Wednesday, April 29, 2026

IPv6 Crosses 50% — Technology Diffusion Takes Longer Than You Think

I noticed the 50% figure on Google's IPv6 stats page https://www.google.com/intl/en/ipv6/statistics.html on 4/16/2026, flagged on Hacker News https://news.ycombinator.com/item?id=47777894. A milestone worth pausing on, even if the headline buries the lead: it took roughly 20 years from IPv6's formal definition (RFC 2460, 1998) to get halfway there.



The culprit is obvious in retrospect — NAT gave IPv4 a decade-long second life and removed any burning platform. Why pay migration cost when carrier-grade NAT works fine?

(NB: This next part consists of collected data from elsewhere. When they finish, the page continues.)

-- ===== src/Bytes.antt =====
-- Byte strings, and the UTF-8 validity of Rust's `core::str::from_utf8` as an automaton.
pub mod Lines
use actix_web_lab.Common.{
  ℕ, Bool, true, false, ◌&&◌, ◌||◌, List, [], ◌∷◌, ◌++◌, Option, none, some, ◌≡◌, refl, ◌∙◌, arith,
  leb, ltb, ◌==◌, if◌then◌else◌,
}

abbrev pub Bytes : Type 0
Bytes = List ℕ

-- What may come next: a character, or one to three more bytes of one, the first of them in a
-- narrower range behind 0xe0, 0xed, 0xf0 and 0xf4.
pub data Utf8 : Type 0 where
  start one two three after_e0 after_ed after_f0 after_f4 : Utf8

abbrev between : ℕ → ℕ → ℕ → Utf8 → Option Utf8
between lo hi b next = if leb lo b && leb b hi then some next else none

unfoldable pub utf8_first : ℕ → Option Utf8
utf8_first b =
    if ltb b 0x80
    then some start
    else if leb 0xc2 b && leb b 0xdf
    then some one
    else if b == 0xe0
    then some after_e0
    else if b == 0xed
    then some after_ed
    else if leb 0xe1 b && leb b 0xef
    then some two
    else if b == 0xf0
    then some after_f0
    else if leb 0xf1 b && leb b 0xf3
    then some three
    else if b == 0xf4
    then some after_f4
    else none

unfoldable pub utf8_step : Utf8 → ℕ → Option Utf8
unfolding utf8_first
utf8_step start b = utf8_first b
utf8_step one b = between 0x80 0xbf b start
utf8_step two b = between 0x80 0xbf b one
utf8_step three b = between 0x80 0xbf b two
utf8_step after_e0 b = between 0xa0 0xbf b one
utf8_step after_ed b = between 0x80 0x9f b one
utf8_step after_f0 b = between 0x90 0xbf b two
utf8_step after_f4 b = between 0x80 0x8f b two

abbrev pub utf8_from : Option Utf8 → Bytes → Option Utf8
utf8_from none s = none
utf8_from (some u) [] = some u
utf8_from (some u) (b ∷ s) = utf8_from (utf8_step u b) s

abbrev pub IsUtf8 : Bytes → Type 0
IsUtf8 s = utf8_from (some start) s ≡ some start

abbrev pub is_start : Option Utf8 → Bool
is_start (some start) = true
is_start _ = false

-- Whether `from_utf8` accepts the bytes.
abbrev pub is_utf8 : Bytes → Bool
is_utf8 s = is_start (utf8_from (some start) s)

pub utf8_from-append :
    (o : Option Utf8) (s t : Bytes) → utf8_from o (s ++ t) ≡ utf8_from (utf8_from o s) t
utf8_from-append none s t = refl
utf8_from-append (some u) [] t = refl
utf8_from-append (some u) (b ∷ s) t = utf8_from-append (utf8_step u b) s t

pub IsUtf8-append : (s t : Bytes) → IsUtf8 s → IsUtf8 t → IsUtf8 (s ++ t)
IsUtf8-append s t h k = utf8_from-append (some start) s t ∙ rw h k
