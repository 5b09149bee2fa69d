-- ===== src/Body/Channel.antt =====
-- What body_channel.rs and body_async_write.rs use of tokio's unbounded channel, as an interface: it
-- keeps what is sent in order, until its receiver is dropped.
use actix_web_lab.Common.{
  refl, List, Result, ℕ, Bool, [], Poll, ◌++◌, ◌<◌, true, Option, ◌∷◌, ◌≡◌, suc, ok, ready, pending,
  ◌-◌, false, err, none, arith, some, ap, zero, ◌∙◌,
}

pub record Unbounded (A : Type 0) : Type 1 where
  pub Chan : Type 0
  pub unbounded_channel : Chan
  pub send : A → Chan → Chan × Result A (Unit {0})
  pub poll_recv : Chan → Chan × Poll (Option A)
  pub clone_tx : Chan → Chan
  pub drop_tx : Chan → Chan
  pub drop_rx : Chan → Chan
  -- what is sent and not received, how many senders there are, and whether there is a receiver
  pub queue : Chan → List A
  pub senders : Chan → ℕ
  pub receiving : Chan → Bool
  pub starts :
      (queue unbounded_channel ≡ [])
      × (senders unbounded_channel ≡ 1)
      × (receiving unbounded_channel ≡ true)
  pub send_open :
      (a : A) (c : Chan)
      → receiving c ≡ true
      → ((send a c).1 ≡ ok tt) × (queue (send a c).0 ≡ queue c ++ a ∷ [])
  pub send_closed : (a : A) (c : Chan) → receiving c ≡ false → send a c ≡ (c, err a)
  pub recv_some :
      (c : Chan) (a : A) (rest : List A)
      → queue c ≡ a ∷ rest
      → ((poll_recv c).1 ≡ ready (some a)) × (queue (poll_recv c).0 ≡ rest)
  pub recv_none : (c : Chan) → queue c ≡ [] → senders c ≡ 0 → poll_recv c ≡ (c, ready none)
  pub recv_pending : (c : Chan) → queue c ≡ [] → 0 < senders c → poll_recv c ≡ (c, pending)
  pub clone_tx_queue : (c : Chan) → queue (clone_tx c) ≡ queue c
  pub drop_tx_queue : (c : Chan) → queue (drop_tx c) ≡ queue c
  pub send_senders : (a : A) (c : Chan) → senders (send a c).0 ≡ senders c
  pub recv_senders : (c : Chan) → senders (poll_recv c).0 ≡ senders c
  pub drop_tx_senders : (c : Chan) → senders (drop_tx c) ≡ senders c - 1
  pub send_receiving : (a : A) (c : Chan) → receiving (send a c).0 ≡ receiving c
  pub recv_receiving : (c : Chan) → receiving (poll_recv c).0 ≡ receiving c
  pub clone_tx_receiving : (c : Chan) → receiving (clone_tx c) ≡ receiving c
  pub drop_tx_receiving : (c : Chan) → receiving (drop_tx c) ≡ receiving c
  pub drop_rx_receiving : (c : Chan) → receiving (drop_rx c) ≡ false

-- A channel as a list, where a dropped receiver leaves the queue behind.
pub record Listed (A : Type 0) : Type 0 where
  pub items : List A
  pub txs : ℕ
  pub reader : Bool

module _ {A : Type 0} where
  abbrev pub listed_send : A → Bool → Listed A → Listed A × Result A (Unit {0})
  listed_send a true c = (record c { items = c.items ++ a ∷ [] }, ok tt)
  listed_send a false c = (c, err a)

  abbrev pub listed_recv : List A → ℕ → Listed A → Listed A × Poll (Option A)
  listed_recv [] zero c = (c, ready none)
  listed_recv [] (suc n) c = (c, pending)
  listed_recv (a ∷ rest) n c = (record c { items = rest }, ready (some a))

  pub listed_pending : (n : ℕ) (c : Listed A) → 0 < n → listed_recv [] n c ≡ (c, pending)
  listed_pending zero c h = absurd (omega arith)
  listed_pending (suc n) c h = refl

  pub listed_send-reader :
      (a : A) (b : Bool) (c : Listed A) → (listed_send a b c).0.reader ≡ c.reader
  listed_send-reader a true c = refl
  listed_send-reader a false c = refl

  pub listed_recv-reader :
      (q : List A) (n : ℕ) (c : Listed A) → (listed_recv q n c).0.reader ≡ c.reader
  listed_recv-reader [] zero c = refl
  listed_recv-reader [] (suc n) c = refl
  listed_recv-reader (a ∷ rest) n c = refl

  pub listed_send-txs : (a : A) (b : Bool) (c : Listed A) → (listed_send a b c).0.txs ≡ c.txs
  listed_send-txs a true c = refl
  listed_send-txs a false c = refl

  pub listed_recv-txs : (q : List A) (n : ℕ) (c : Listed A) → (listed_recv q n c).0.txs ≡ c.txs
  listed_recv-txs [] zero c = refl
  listed_recv-txs [] (suc n) c = refl
  listed_recv-txs (a ∷ rest) n c = refl

  abbrev pub listed : Unbounded A
  listed = record {
    Chan = Listed A;
    unbounded_channel = record { items = []; txs = 1; reader = true };
    send = λ a c. listed_send a c.reader c;
    poll_recv = λ c. listed_recv c.items c.txs c;
    clone_tx = λ c. record c { txs = suc c.txs };
    drop_tx = λ c. record c { txs = c.txs - 1 };
    drop_rx = λ c. record c { reader = false };
    queue = λ c. c.items;
    senders = λ c. c.txs;
    receiving = λ c. c.reader;
    starts = (refl, refl, refl);
    send_open =
        λ a c h. (ap (λ b. (listed_send a b c).1) h, ap (λ b. (listed_send a b c).0.items) h);
    send_closed = λ a c h. ap (λ b. listed_send a b c) h;
    recv_some = λ c a rest h.
        (ap (λ q. (listed_recv q c.txs c).1) h, ap (λ q. (listed_recv q c.txs c).0.items) h);
    recv_none = λ c h k. ap (λ q. listed_recv q c.txs c) h ∙ ap (λ n. listed_recv [] n c) k;
    recv_pending = λ c h k. ap (λ q. listed_recv q c.txs c) h ∙ listed_pending c.txs c k;
    clone_tx_queue = λ c. refl;
    drop_tx_queue = λ c. refl;
    send_senders = λ a c. listed_send-txs a c.reader c;
    recv_senders = λ c. listed_recv-txs c.items c.txs c;
    drop_tx_senders = λ c. refl;
    send_receiving = λ a c. listed_send-reader a c.reader c;
    recv_receiving = λ c. listed_recv-reader c.items c.txs c;
    clone_tx_receiving = λ c. refl;
    drop_tx_receiving = λ c. refl;
    drop_rx_receiving = λ c. refl;
  }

From a firmware perspective, the story is actually a bright spot. RFC 5970 https://www.rfc-editor.org/rfc/rfc5970.txt standardized network boot over IPv6 (DHCPv6/PXE) in 2010, and the firmware stack moved quickly. I was part of the team that implemented dual-stack IPv4/IPv6 network boot support in EDK2 https://github.com/tianocore/edk2 — the open-source UEFI reference firmware — had it certified at the UNH Interoperability Lab https://www.iol.unh.edu/, and codified in the UEFI specification. That code has been fully deployed since the RFC landed and ships today in the host firmware of most PCs, servers, and devices like the NVIDIA Jetson. The iPXE project https://ipxe.org/ is the other prominent host-side implementation and likewise supports RFC 5970. The IPv6 TFTP/PXE boot foundation was then leveraged for HTTP boot, which is the modern evolution now widely used for network-based firmware provisioning.  I journaled bit of this in places like https://github.com/vincentjzimmer/Documents/blob/master/UEFI-Recovery-Options-002-1.pdfhttps://www.intel.com/content/dam/www/public/us/en/documents/research/2011-vol15-iss-1-intel-technology-journal.pdf, and https://uefi.org/sites/default/files/resources/A_Tale_of_Two_Standards_0.pdf.

So firmware did its job — standards written through the IETF and UEFI Forum, code certified, silicon shipping, HTTP boot built on top. The 50% adoption story is really about everything above the firmware layer: ISP rollout, enterprise network operations, and the long tail of IPv4 infrastructure that NAT kept alive just long enough to delay the transition by a decade.

That's the part that still surprises me. When the firmware stack is ahead of the network, you know diffusion is the bottleneck, not implementation.